Antimicrobial activity of thermophilin 110 against the opportunistic pathogen Cutibacterium acnes

Authors: Renye, John; MENDEZ ENCINAS, MAYRA - Universidad De Sonora; White, Andre; Miller, Amanda; McAnulty, Michael; Yadav, Madhav; Hotchkiss, Arland; Guron, Giselle; Oest, Adam; MARTINEZ, KARLA - Center For Research In Food And Development (CIAD); CARVAJAL-MILLAN, ELIZABETH - Center For Research In Food And Development (CIAD)

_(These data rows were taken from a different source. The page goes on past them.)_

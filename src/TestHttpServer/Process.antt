-- ===== src/TestHttpServer/Process.antt =====
-- A call of `process` leaves the request as far as it has been read.
use gnyproxy.Prelude.{
  ◌≡◌, refl, ap, not, ◌&&◌, ltb, ◌==◌, if◌then◌else◌, Bytes, ok, Holds, Holds-bind, Holds-ok,
  Holds-map, Bool-cases, inl, inr,
}
use gnyproxy.Prelude.Int.{pos}
use gnyproxy.HttpMessage.{
  MessageState, header, footer, rank, HttpMessage, set_status, end_footer, get_headers, get_entity,
  get_footers, is_empty,
}
use gnyproxy.Codec.{Readers, Writers}
use gnyproxy.HttpServer.Serving.{KeepsState, is_complete}
use gnyproxy.TestHttpServer.{
  FileSystem, MyHttpServer, my_http_server, strip_query, trim_slashes, find_resource, send_header,
  respond, fill, process,
}

module _ (fs : FileSystem) (base_path : Bytes) where
  -- The request is in its state.
  abbrev Same : HttpMessage → MyHttpServer × HttpMessage × HttpMessage → Type 0
  Same in_msg p = p.1.state ≡ in_msg.state

  respond-Same :
      (g : MyHttpServer) (in_msg out_msg : HttpMessage)
      → Holds (Same in_msg) (respond fs base_path g in_msg out_msg)
  unfolding respond get_headers
  respond-Same g in_msg out_msg =
      elim (Bool-cases (
        not (is_empty (strip_query in_msg.url))
        && (ltb (rank header) (rank in_msg.state) && rank out_msg.state == rank header))) [
          | inr waits ↦ rw (respond, waits) refl
          | inl starts ↦
              rw (respond, starts)
                (Holds-bind (Same in_msg)
                  (send_header fs _ (trim_slashes (strip_query in_msg.url))
                    (find_resource fs base_path (trim_slashes (strip_query in_msg.url)))
                    (set_status out_msg (pos 200)))
                  _ (λ p eq. refl))
        ]

  process-Same :
      (g : MyHttpServer) (in_msg out_msg : HttpMessage)
      → Holds (Same in_msg) (process fs base_path g in_msg out_msg)
  unfolding process get_entity get_footers
  process-Same g in_msg out_msg =
      Holds-bind (Same in_msg) (respond fs base_path g in_msg out_msg) _ (λ (g1, in1, out1) eq.
        let same = Holds-ok (Same in_msg) _ (g1, in1, out1) eq (respond-Same g in_msg out_msg) in
        Holds-bind (Same in_msg) (fill fs 1025 g1 out1) _ (λ (g2, out2) eq'.
          Holds-bind (Same in_msg)
            (if rank out2.state == rank footer then end_footer out2 else ok out2) _
            (λ out3 eq''. same)))

  -- A call of MyHttpServer's process with no fault leaves the request as complete as it was, which
  -- the server's link relies on.
  pub process-KeepsState :
      (R : Readers) (W : Writers) → KeepsState (my_http_server fs base_path R W)
  process-KeepsState R W gen in_msg out_msg =
      Holds-map (Same in_msg)
        (λ (p : MyHttpServer × HttpMessage × HttpMessage).
          is_complete (my_http_server fs base_path R W) p.1
          ≡ is_complete (my_http_server fs base_path R W) in_msg)
        (process fs base_path gen in_msg out_msg)
        (λ p same. ap (λ (s : MessageState). rank s == rank MessageState.done) same)
        (process-Same gen in_msg out_msg)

Submitted to: Biotechnology Letters
Publication Type: Peer Reviewed Journal
Publication Acceptance Date: 7/19/2023
Publication Date: 8/22/2023
Citation: Renye Jr, J.A., Mendez Encinas, M.A., White, A.K., Miller, A.L., Mcanulty, M.J., Yadav, M.P., Hotchkiss, A.T., Guron, G.P., Oest, A.M., Martinez, K.G., Carvajal-Millan, E. 2023. Antimicrobial activity of thermophilin 110 against the opportunistic pathogen Cutibacterium acnes. Biotechnology Letters. 45:1365-1379. https://doi.org/10.1007/s10529-023-03419-2.
DOI: https://doi.org/10.1007/s10529-023-03419-2

Interpretive Summary: Acne continues to be one the most prevalent skin disorders worldwide in adolescents. Treatment of this skin bacterial infection is becoming more difficult with the growing number of antibiotic resistant bacteria, thus there is need for additional antimicrobial compounds. Reseachers in Wyndmoor, PA in collaboration with reseachers in Mexico, demonstrated that a small ARS-patented protein produced by a yogurt culture bacterium could prevent the growth and ultimately kill acne-causing bacteria. Additionally, this antimicrobial protein was shown to prevent the formation of bacterial films associated with acne infections. Finally, we demonstrated the potential for using a gel produced from a cereal grain carbohydrate to encapsulate the antimicrobial protein and the yogurt bacterium. Results from this study demonstrated the potential for using our antimicrobial protein as a treatment for acne; and suggested that the gels, could deliver a beneficial bacterium for inhibiting acne.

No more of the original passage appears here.